DVD Picks & Passes 01.17.2010

The Reluctant Saint (1962)

Blu-ray: 8 1/2 (1963)


Making its welcome debut on DVD thanks to Ignatius Press, Edward Dmytryk’s The Reluctant Saint stars Maximilian Schell as St. Joseph of Cupertino, the slow-witted but devout Franciscan friar and mystic whose proneness to miraculous levitations is celebrated in his patronage of air travel as well as mental handicaps.

Like the Vatican list film The Flowers of St. Francis by Roberto Rossellini, The Reluctant Saint offers a gently humorous celebration of Franciscan simplicity, poverty of spirit and love of nature and animals. Like St. Francis’ followers in Rossellini’s film, Joseph can be foolish and short-sighted, but his childlike spirit and humility mark him as a true son of Francis — as the vicar general of the Franciscan order, a high-ranking prelate but a son of peasant stock, shrewdly sees.

Filmed on location in the Lazio region of Italy with a supporting cast of Italian actors, The Reluctant Saint creates an authentic Italian peasant milieu unlike most similar productions of Hollywood’s Golden Age.

Saint movies often require an opponent or devil’s advocate, and in this case the role goes to a young Ricardo Montalban as proud, well-spoken Franciscan friar Don Raspi. Don Raspi has no patience for Joseph’s disaster-prone, diffident ways, and resists acknowledging Joseph’s miraculous experiences, even imputing the alleged phenomena to diabolic possession.

Daringly, the film waits more than an hour before getting to Joseph’s miracles, and sums up the saint’s own holy nonchalance in a typically humorous final scene in which Joseph floats along amid a procession of chanting Franciscans, his robe gripped firmly by Don Raspi.
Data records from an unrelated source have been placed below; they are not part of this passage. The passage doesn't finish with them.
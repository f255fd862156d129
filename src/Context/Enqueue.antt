-- ===== src/Context/Enqueue.antt =====
-- What the operations of a `ReactionCtx` of src/scheduler/context.rs plan for now and for later.
use reactor_rs.Common.{
  ℕ, ◌+◌, ◌<◌, ◌≡◌, ◌⊎◌, inl, refl, lt, true, ◌||◌, ◌&&◌, Option, none, some, ◌++◌, if◌then◌else◌,
  leb, arith,
}
use reactor_rs.Ids.{GlobalReactionId, full_mod}
use reactor_rs.Tag.{EventTag, Duration, Offset, tag_cmp, tag_lt, tag_eq, successor, to_duration}
use reactor_rs.Tag.Order.{successor_later}
use reactor_rs.Plan.{
  LevelIx, ExecutableReactions, Cow, borrowed, owned, deref, ReactionPlan, next_level,
}
use reactor_rs.Plan.Has.{has, IsPlan, absorb_after_lem}
use reactor_rs.Plan.Merge.{runs, IsReactionPlan, merge_cows_lem}
use reactor_rs.Queue.{execute, reactions_triggered_by}
use reactor_rs.Actions.{Action, schedule_future_value, is_present, get_value}
use reactor_rs.Actions.Values.{IsAction, schedule_future_value_lem}
use reactor_rs.Timers.{Timer, FiresAt, is_periodic, next_tag}
use reactor_rs.Context.{
  ReactionCtx, Insides, merge, absorb, enqueue_now, todo_with, enqueue_later, push_future,
  reschedule_timer, enqueue_trigger, schedule_logical,
}

planned :
    (old : ReactionPlan) (new : Cow ExecutableReactions) (min : LevelIx)
    → IsReactionPlan old
    → IsPlan (deref new)
    → (todo : ReactionPlan) × (todo_with old new min ≡ some todo)
      × IsReactionPlan todo
      × ((level : LevelIx) (id : GlobalReactionId)
          → (leb min level && runs todo level id)
            ≡ (leb min level && (runs old level id || has (deref new) level id)))
unfolding todo_with runs
planned none new min p q = (some new, refl, q, λ level id. refl)
planned (some old) new min p q =
    let (r, done, kept, same) = absorb_after_lem (deref old) (deref new) min p q in
    (some (owned r), rw done, kept, λ level id. ground (arith, same level id))

-- What is enqueued for now does not panic. From the level after the current one on, exactly the
-- reactions that were planned and the enqueued ones are planned; nothing else of the context
-- changes.
pub enqueue_now_lem :
    (ctx : ReactionCtx) (downstream : Cow ExecutableReactions)
    → IsReactionPlan ctx.insides.todo_now
    → IsPlan (deref downstream)
    → (todo : ReactionPlan) × (enqueue_now ctx downstream
        ≡ some (record ctx { insides = record (ctx.insides) { todo_now = todo } }))
      × IsReactionPlan todo
      × ((level : LevelIx) (id : GlobalReactionId)
          → (leb (next_level ctx.cur_level) level && runs todo level id) ≡ (
              leb (next_level ctx.cur_level) level
              && (runs ctx.insides.todo_now level id || has (deref downstream) level id)))
unfolding enqueue_now
enqueue_now_lem ctx downstream good plan =
    let (todo, done, kept, same) =
      planned ctx.insides.todo_now downstream (next_level ctx.cur_level) good plan in
    (todo, rw done, kept, same)

-- Merging what two forked contexts gathered does not panic: their plans run, at every level, what
-- either ran, and their events come one after the other.
pub merge_lem :
    (self other : Insides)
    → IsReactionPlan self.todo_now
    → IsReactionPlan other.todo_now
    → (merged : Insides) × (merge self other ≡ some merged)
      × IsReactionPlan merged.todo_now
      × (merged.future_events ≡ self.future_events ++ other.future_events)
      × ((level : LevelIx) (id : GlobalReactionId)
          → runs merged.todo_now level id
            ≡ (runs self.todo_now level id || runs other.todo_now level id))
unfolding merge absorb
merge_lem self other p q =
    let (plan, done, kept, same) = merge_cows_lem self.todo_now other.todo_now p q in
    (
      record { todo_now = plan; future_events = self.future_events ++ other.future_events },
      rw done,
      kept,
      refl,
      same,
    )

tag_lt-true : (a b : EventTag) → tag_cmp a b ≡ lt → tag_lt a b ≡ true
tag_lt-true a b h = ground arith

-- The tag of an enqueued event, which reacts to a trigger.
abbrev pub EnqueuedAt : ReactionCtx → ExecutableReactions → EventTag → ReactionCtx
EnqueuedAt ctx plan tag = push_future ctx (execute tag (borrowed plan))

enqueue_trigger_at :
    (ctx : ReactionCtx) (id : ℕ) (plan : ExecutableReactions) (d : Duration)
    → reactions_triggered_by ctx.dataflow id ≡ some plan
    → ctx.tag.microstep < full_mod
    → (0 < d) ⊎ (ctx.tag.microstep + 1 < full_mod)
    → enqueue_trigger ctx id (successor ctx.tag d)
      ≡ some (EnqueuedAt ctx plan (successor ctx.tag d))
unfolding enqueue_trigger enqueue_later
enqueue_trigger_at ctx id plan d found range ahead =
    let later : tag_cmp ctx.tag (successor ctx.tag d) ≡ lt =
      (successor_later ctx.tag d range).1 ahead in
    ground (arith, found, later)

-- A periodic timer that is triggered at the current tag is rescheduled, without a panic, by one
-- event that runs its reactions at a later tag, at which it is triggered again.
pub reschedule_timer_lem :
    (ctx : ReactionCtx) (timer : Timer) (plan : ExecutableReactions)
    → reactions_triggered_by ctx.dataflow timer.id ≡ some plan
    → ctx.tag.microstep < full_mod
    → 0 < timer.period
    → FiresAt timer ctx.tag
    → (tag : EventTag) × (reschedule_timer ctx timer ≡ some (EnqueuedAt ctx plan tag))
      × FiresAt timer tag
      × (tag_cmp ctx.tag tag ≡ lt)
unfolding reschedule_timer is_periodic next_tag
reschedule_timer_lem ctx timer plan found range period fires =
    let enqueued = enqueue_trigger_at ctx timer.id plan timer.period found range (inl period) in
    let later : tag_cmp ctx.tag (successor ctx.tag timer.period) ≡ lt =
      (successor_later ctx.tag timer.period range).1 (inl period) in
    (
      successor ctx.tag timer.period,
      ground (arith, enqueued),
      FiresAt.again fires (ground arith),
      later,
    )

-- Scheduling a logical action, if the delay is positive or the microstep can go up, does not panic.
-- At a tag later than the current one it makes the action present with the value and enqueues one
-- event, which runs the action's reactions; at every other tag the action reads as before.
pub schedule_logical_lem :
    {T : Type 0} (ctx : ReactionCtx) (action : Action T) (value : Option T) (offset : Offset)
    (plan : ExecutableReactions)
    → reactions_triggered_by ctx.dataflow action.id ≡ some plan
    → IsAction action
    → ctx.tag.microstep < full_mod
    → (0 < action.min_delay + to_duration offset) ⊎ (ctx.tag.microstep + 1 < full_mod)
    → (eta : EventTag) × (after : Action T) × (schedule_logical ctx action value offset
        ≡ some (EnqueuedAt ctx plan eta, after))
      × (tag_cmp ctx.tag eta ≡ lt)
      × IsAction after
      × ((now : EventTag)
          → (is_present after now ≡ (tag_eq now eta || is_present action now))
            × (get_value after now ≡ (if tag_eq now eta then value else get_value action now)))
unfolding schedule_logical
schedule_logical_lem ctx action value offset plan found good range ahead =
    let d = action.min_delay + to_duration offset in
    let eta = successor ctx.tag d in
    let enqueued = enqueue_trigger_at ctx action.id plan d found range ahead in
    let (kept, reads) = schedule_future_value_lem action eta value good in
    (
      eta,
      schedule_future_value action eta value,
      rw enqueued,
      (successor_later ctx.tag d range).1 ahead,
      kept,
      reads,
    )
What really matters, the film suggests, is not Joseph’s ecstatic response to holy things, but the holy things themselves.

New on Blu-ray from the Criterion Collection, Vatican-list film 8 1/2 is Federico Fellini’s celebration of style over substance — a self-indulgent, semiautobiographical tale of a dissolute, creatively blocked director named Guido (Marcello Mastroiani) lost in a world of fantasy, memory and self-delusion.
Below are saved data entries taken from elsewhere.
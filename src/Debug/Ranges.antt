-- ===== src/Debug/Ranges.antt =====
-- The reactor of a component, as src/scheduler/debug.rs finds it from the ranges of ids.
use reactor_rs.Common.{
  ℕ, zero, suc, ◌-◌, ◌<◌, ◌≤◌, ◌≡◌, ◌⊎◌, inl, inr, refl, ap, gt, compare, Option, none, some, List,
  [], ◌∷◌, get_elem?, compared, Compared, arith,
}
use reactor_rs.Common.Ord.{compare_same}
use reactor_rs.Ids.{TriggerId, first_regular}
use reactor_rs.VecMap.{Found, ok, err}
use reactor_rs.VecMap.Search.{shift}
use reactor_rs.Debug.{
  ReactorId, DebugInfoRegistry, get_reactor_lower_bound, search_bound, raw_id_of_regular,
  raw_id_of_trigger,
}

gt_lt : (a b : ℕ) → compare a b ≡ gt → b < a
gt_lt a b h = ground arith

-- Bounds strictly ascend from one on.
abbrev pub IsBounds : TriggerId → List TriggerId → Type 0
IsBounds lo [] = Unit
IsBounds lo (b ∷ bounds) = (lo < b) × IsBounds b bounds

-- The lower bound of a reactor, after a first one.
abbrev lower_from : TriggerId → List TriggerId → ReactorId → Option TriggerId
lower_from lo bounds zero = some lo
lower_from lo [] (suc r) = none
lower_from lo (b ∷ bounds) (suc r) = lower_from b bounds r

lower_from_above :
    (lo lower : TriggerId) (bounds : List TriggerId) (r : ReactorId)
    → IsBounds lo bounds
    → lower_from lo bounds r ≡ some lower
    → lo ≤ lower
lower_from_above lo lower bounds zero s e = ground (arith, e)
lower_from_above lo lower [] (suc r) s e = absurd (ground (arith, e))
lower_from_above lo lower (b ∷ bounds) (suc r) s e =
    omega (arith, s.0, lower_from_above b lower bounds r s.1 e)

-- Where an id of the range of a reactor is found.
abbrev IsLocated : ReactorId → TriggerId → TriggerId → Found → Type 0
IsLocated r lower id found =
    (found ≡ err r) ⊎ ((p : ℕ) × (r ≡ suc p) × (lower ≡ id) × (found ≡ ok p))

IsLocated-shift :
    (r : ReactorId) (lower id : TriggerId) (found : Found)
    → IsLocated r lower id found
    → IsLocated (suc r) lower id (shift found)
IsLocated-shift r lower id found (inl e) = inl (ap (λ f. shift f) e)
IsLocated-shift r lower id found (inr (p, e, same, f)) =
    inr (suc p, ap (λ n. suc n) e, same, ap (λ f. shift f) f)

-- Only the first reactor has the first bound.
first_reactor :
    (lo lower : TriggerId) (bounds : List TriggerId) (r : ReactorId)
    → IsBounds lo bounds
    → lower_from lo bounds r ≡ some lower
    → lower ≤ lo
    → r ≡ 0
first_reactor lo lower bounds zero s e h = refl
first_reactor lo lower [] (suc r) s e h = absurd (ground (arith, e))
first_reactor lo lower (b ∷ bounds) (suc r) s e h =
    absurd (omega (arith, s.0, lower_from_above b lower bounds r s.1 e))

search_bound_lem :
    (lo lower upper id : TriggerId) (bounds : List TriggerId) (r : ReactorId)
    → IsBounds lo bounds
    → lower_from lo bounds r ≡ some lower
    → get_elem? bounds r ≡ some upper
    → lower ≤ id
    → id < upper
    → IsLocated r lower id (search_bound bounds id)
unfolding search_bound
search_bound_lem lo lower upper id [] r s e f h k = absurd (ground (arith, f))
search_bound_lem lo lower upper id (b ∷ bounds) zero s e f h k = inl (ground (arith, f, k))
search_bound_lem lo lower upper id (b ∷ bounds) (suc r) s e f h k =
    let above = lower_from_above b lower bounds r s.1 e in
    elim (compared (compare b id)) [
      | Compared.is_lt c ↦
          rw (c, search_bound)
            (IsLocated-shift r lower id (search_bound bounds id)
              (search_bound_lem b lower upper id bounds r s.1 e f h k))
      | Compared.is_eq c ↦
          let same : b ≡ id = compare_same b id c in
          let first = first_reactor b lower bounds r s.1 e (omega arith) in
          rw (c, search_bound) (inr (0, ap (λ n. suc n) first, omega arith, refl))
      | Compared.is_gt c ↦ absurd (omega (arith, gt_lt b id c))
    ]

lower_from-bound :
    (reg : DebugInfoRegistry) (r : ReactorId) (lower upper : TriggerId)
    → get_reactor_lower_bound reg r ≡ some lower
    → get_elem? reg.reactor_bound r ≡ some upper
    → lower_from first_regular reg.reactor_bound r ≡ some lower
unfolding get_reactor_lower_bound
lower_from-bound reg zero lower upper e f = e
lower_from-bound reg (suc r) lower upper e f =
    later first_regular reg.reactor_bound r lower upper e f
  where
    later :
        (lo : TriggerId) (bounds : List TriggerId) (r : ReactorId) (lower upper : TriggerId)
        → get_elem? bounds r ≡ some lower
        → get_elem? bounds (suc r) ≡ some upper
        → lower_from lo bounds (suc r) ≡ some lower
    later lo [] r lower upper e f = absurd (ground (arith, e))
    later lo (b ∷ bounds) zero lower upper e f = e
    later lo (b ∷ bounds) (suc r) lower upper e f = later b bounds r lower upper e f

-- If every reactor has a component, so that the bounds strictly ascend, then an id in the range of
-- a reactor is the reactor's, with its distance from the start of the range.
pub raw_id_of_trigger_lem :
    (reg : DebugInfoRegistry) (r : ReactorId) (lower upper id : TriggerId)
    → IsBounds first_regular reg.reactor_bound
    → get_reactor_lower_bound reg r ≡ some lower
    → get_elem? reg.reactor_bound r ≡ some upper
    → lower ≤ id
    → id < upper
    → raw_id_of_trigger reg id ≡ some (r, id - lower)
unfolding raw_id_of_trigger raw_id_of_regular
raw_id_of_trigger_lem reg r lower upper id s e f h k =
    let start = lower_from-bound reg r lower upper e f in
    let regular = lower_from_above first_regular lower reg.reactor_bound r s start in
    elim (search_bound_lem first_regular lower upper id reg.reactor_bound r s start f h k) [
      | inl found ↦ ground (arith, found, e, regular)
      | inr (p, next, same, found) ↦ ground (arith, found, next, same, regular)
    ]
What makes the film work is Fellini’s imaginative virtuosity, his ability to express conscious and subconscious anxieties and obsessions in imagery of dreamlike power.

Take the opening sequence: a claustrophobic scene of a man suffocating in a car in a traffic jam in a tunnel; a bird’s-eye view of the same man now free, soaring high in the air like a kite, a rope around his leg held by a man far below on the ground. Fellini’s images reach past the defenses of the rational mind with the haunting power of a dream from which one has only just awakened.

P.S. Trivia tidbit: This week’s DVD Picks might seem to have nothing in common, but they do: Filmed in Italy within a year of one another, both films were scored by Italian composer Nino Rota.


Content advisory: The Reluctant Saint: Nothing objectionable. Fine family viewing. 8 1/2: Ambiguous depiction of dissolute behavior and attitudes, including an extramarital affair and a surreal harem fantasy sequence. Subtitles. Mature viewing.